I use a PO4 solution since I have different sized tanks. PO4 is very difficult to dose dry in smaller tanks. 1/16th of a teaspoon in a 75g would give you about 0.8ppm of PO4. 1/16th of a teaspoon in a 30g would give you about 2ppm!

I purchased a small scale that you are more than welcome to use, as is anyone else that wants to make up a solution using grams instead of teaspoons. Feel free to bring your ferts to the August meeting and I can break out the scale for you


----------



## Simpte 27 (Jul 16, 2004)

Wne my Co2 is correct or close (25-32ppm) I find that adding po4 in almost any level (not saying I will dump a gallon into the tank) will NOT cause algae problems (Thanks Tom). Your trace may be a bit high. Haven't done the math as its late and I was out for a bit  I have recieved plants that hag staghorn and bba on them as well as snails (not mentioning where I got them from  ) and none showed up in my tank.

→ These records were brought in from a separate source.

-- ===== src/Core/Node/Ports.antt =====
-- What `worker_disconnect_node` does with the values at the ports of a node.
use inet_forth.Net.{
  wire, word, node_ctor, function, primitive, principal_wire_destroy, Value, principal_wire, Heap,
  Node, arity, node_get_value, node_clean, node_new, load,
}
use inet_forth.Net.NodeAllocator.Conserved.{allocator_free_total}
use inet_forth.Core.{stack_push, Worker, Program}
use inet_forth.Core.Node.{
  release_port, disconnect_ports, worker_disconnect_node, worker_recycle_node,
}
use inet_forth.Core.Node.Stacks.{SameRest}
use inet_forth.Base.{
  Bool, List, Option, [], arith, false, get_or, if◌then◌else◌, is_some, length, lt→ltb, none, ok,
  refl, some, suc, true, update, ℕ, ◌+◌, ◌<◌, ◌==◌, ◌||◌, ◌∙◌, ◌∷◌, ◌≡◌, ◌≤◌,
}

-- The values that a node gives back, in the order of its ports: all but the principal wires.
unfoldable pub freed_values : List Value → List Value
freed_values [] = []
freed_values (principal_wire q ∷ vs) = freed_values vs
freed_values (v ∷ vs) = v ∷ freed_values vs

-- Whether the principal wire at address `q` is among the values.
unfoldable pub has_principal : ℕ → List Value → Bool
has_principal q [] = false
has_principal q (principal_wire r ∷ vs) = r == q || has_principal q vs
has_principal q (v ∷ vs) = has_principal q vs

-- The stack after pushing the values one after the other.
abbrev pub push_all : List Value → List Value → List Value
push_all [] st = st
push_all (v ∷ vs) st = push_all vs (v ∷ st)

-- The ports from `index` on hold these values.
abbrev pub HoldsFrom : Node → ℕ → List Value → Type 0
HoldsFrom n index [] = Unit {0}
HoldsFrom n index (v ∷ vs) = (get_or n.values index none ≡ some v) × HoldsFrom n (index + 1) vs

-- The wires at the ports are not freed, and no principal wire stands at two of them.
abbrev pub AllLive : Heap → List Value → Type 0
AllLive h [] = Unit {0}
AllLive h (principal_wire q ∷ vs) =
    (is_some (h.principal_wires q) ≡ true) × (has_principal q vs ≡ false) × AllLive h vs
AllLive h (wire x ∷ vs) = (is_some (h.wires x) ≡ true) × AllLive h vs
AllLive h (v ∷ vs) = AllLive h vs

pub record Freed (vs : List Value) (w w' : Worker) : Type 0 where
  pub stack : w'.value_stack ≡ push_all (freed_values vs) w.value_stack
  pub principals :
      (q : ℕ)
      → w'.heap.principal_wires q ≡ (if has_principal q vs then none else w.heap.principal_wires q)
  pub same : SameRest w w'

node_get_value-ok :
    (h : Heap) (node index c : ℕ) (v : Value)
    → (h.nodes node).ctor ≡ some c
    → index < 16
    → get_or (h.nodes node).values index none ≡ some v
    → node_get_value h node index ≡ ok (some v)
unfolding node_get_value
node_get_value-ok h node index c v at lt e = rw (at, lt→ltb index 16 lt, e)

-- One round of the loop, whatever the port holds.
one_port :
    (w w₁ : Worker) (node count index c : ℕ) (v : Value)
    → (w.heap.nodes node).ctor ≡ some c
    → index < 16
    → get_or (w.heap.nodes node).values index none ≡ some v
    → release_port w v ≡ ok w₁
    → disconnect_ports w node (suc count) index ≡ disconnect_ports w₁ node count (index + 1)
unfolding disconnect_ports
one_port w w₁ node count index c v at lt e released =
    rw (node_get_value-ok w.heap node index c v at lt e, load, released) refl

load_some : {A : Type 0} (o : Option A) → is_some o ≡ true → (a : A) × (load o ≡ ok a)
load_some none e = cc
load_some (some a) e = (a, refl)

-- Freeing another principal wire leaves these alive.
AllLive-freed :
    (h : Heap) (r : ℕ) (vs : List Value)
    → has_principal r vs ≡ false
    → AllLive h vs
    → AllLive (record h { principal_wires = update h.principal_wires r none }) vs
unfolding has_principal
AllLive-freed h r [] apart live = tt
AllLive-freed h r (principal_wire q ∷ vs) apart live =
    (ground (arith, live.0, apart), live.1, AllLive-freed h r vs (ground (arith, apart)) live.2)
AllLive-freed h r (wire x ∷ vs) apart live = (live.0, AllLive-freed h r vs apart live.1)
AllLive-freed h r (word x ∷ vs) apart live = AllLive-freed h r vs apart live
AllLive-freed h r (node_ctor x ∷ vs) apart live = AllLive-freed h r vs apart live
AllLive-freed h r (function x ∷ vs) apart live = AllLive-freed h r vs apart live
AllLive-freed h r (primitive x ∷ vs) apart live = AllLive-freed h r vs apart live

abbrev without_principal : Worker → ℕ → Worker
without_principal w r =
    let h = w.heap in
    record w { heap = record h { principal_wires = update h.principal_wires r none } }

disconnect_ports-Freed :
    (w : Worker) (node index c : ℕ) (vs : List Value)
    → (w.heap.nodes node).ctor ≡ some c
    → index + length vs ≤ 16
    → HoldsFrom (w.heap.nodes node) index vs
    → AllLive w.heap vs
    → (w' : Worker) × (disconnect_ports w node (length vs) index ≡ ok w')
      × (w'.heap.nodes ≡ w.heap.nodes)
      × (w'.node_allocator ≡ w.node_allocator)
      × (w'.free_node_stack ≡ w.free_node_stack)
      × Freed vs w w'
unfolding release_port freed_values has_principal
disconnect_ports-Freed w node index c [] at room holds live = (
  w,
  unfold disconnect_ports in refl,
  refl,
  refl,
  refl,
  record {
    stack = refl;
    principals = λ q. refl;
    same = record { task_deque = refl; return_stack = refl };
  },
)
disconnect_ports-Freed w node index c (principal_wire r ∷ vs) at room holds live =
    let w₁ : Worker = without_principal w r in
    let (cell, loaded) = load_some (w.heap.principal_wires r) live.0 in
    let (w', run, nodes, alloc, free, freed) =
      disconnect_ports-Freed w₁ node (index + 1) c vs at (omega arith) holds.1
        (AllLive-freed w.heap r vs live.1 live.2) in
    (
      w',
      one_port w w₁ node (length vs) index c (principal_wire r) at (omega arith) holds.0
            (unfold principal_wire_destroy in rw loaded refl)
          ∙ run,
      nodes,
      alloc,
      free,
      record {
        stack = freed.stack;
        principals = λ q. ground (arith, freed.principals q);
        same = record {
          task_deque = freed.same.task_deque;
          return_stack = freed.same.return_stack;
        };
      },
    )
disconnect_ports-Freed w node index c (wire x ∷ vs) at room holds live =
    let (cell, loaded) = load_some (w.heap.wires x) live.0 in
    let (w', run, nodes, alloc, free, freed) =
      disconnect_ports-Freed (stack_push w (wire x)) node (index + 1) c vs at (omega arith) holds.1
        live.1 in
    (
      w',
      one_port w _ node (length vs) index c (wire x) at (omega arith) holds.0 (rw loaded refl)
          ∙ run,
      nodes,
      alloc,
      free,
      record {
        stack = freed.stack;
        principals = freed.principals;
        same = record {
          task_deque = freed.same.task_deque;
          return_stack = freed.same.return_stack;
        };
      },
    )
disconnect_ports-Freed w node index c (v ∷ vs) at room holds live =
    let (w', run, nodes, alloc, free, freed) =
      disconnect_ports-Freed (stack_push w v) node (index + 1) c vs at (omega arith) holds.1 live in
    (
      w',
      one_port w _ node (length vs) index c v at (omega arith) holds.0 refl ∙ run,
      nodes,
      alloc,
      free,
      record {
        stack = freed.stack;
        principals = freed.principals;
        same = record {
          task_deque = freed.same.task_deque;
          return_stack = freed.same.return_stack;
        };
      },
    )

-- Taking apart a node of at most sixteen ports, all of them set, where no wire at them is freed and
-- no principal wire stands at two of them, always succeeds: its values but the principal wires go
-- to the stack in the order of the ports, exactly those principal wires are freed, the node is left
-- as a new one, and no other node, task or frame changes.
pub worker_disconnect_node_lem :
    (p : Program) (w : Worker) (node c : ℕ) (vs : List Value)
    → (w.heap.nodes node).ctor ≡ some c
    → length vs ≡ arity (p.ctors c)
    → length vs ≤ 16
    → HoldsFrom (w.heap.nodes node) 0 vs
    → AllLive w.heap vs
    → (w' : Worker) × (worker_disconnect_node p w node ≡ ok w')
      × Freed vs w w'
      × ((m : ℕ) → w'.heap.nodes m ≡ (if node == m then node_new else w.heap.nodes m))
unfolding worker_disconnect_node worker_recycle_node node_clean node_new
worker_disconnect_node_lem p w node c vs at len room holds live =
    let (w₁, run, nodes, alloc, free, freed) =
      disconnect_ports-Freed w node 0 c vs at (omega arith) holds live in
    let (a, own, gave) = allocator_free_total w₁.node_allocator w₁.free_node_stack node in
    (
      record w₁ { node_allocator = a; free_node_stack = own; heap = node_clean w₁.heap node },
      rw (at, ← len, run, gave),
      record {
        stack = freed.stack;
        principals = freed.principals;
        same = record {
          task_deque = freed.same.task_deque;
          return_stack = freed.same.return_stack;
        };
      },
      λ m. rw nodes,
    )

I used to have problems with bba but after a cpl of months (3-4) and some reading I have not had algae in my tanks no matter how high my PO4 is. (I don't even measure it, I just squirt).


----------



## molurus73 (Apr 15, 2005)

Must be nice Mr. no algae at all. Anyway, I will try to up the co2 level a bit and see. I will go as high as I can without hurting my discus. Unfortunately, I haven't converted 100% yet as my discus are still number 1. It's close, but they still win.


----------



## molurus73 (Apr 15, 2005)

I appreciate the help so far guys. I just want this tank to look respectable when Tom gets here. There was supposed to be one of these  in that last post.


----------



## Rob Tetrazona (Jun 21, 2005)

Along with what everbody else has said, patience. You may have to watch your tank go through several stages of algae. Not to fear. As you start tweaking your CO2 & dry ferts for the better, your plants will take off, and algae will start disappearing from regular trimming as well as stop growing.


----------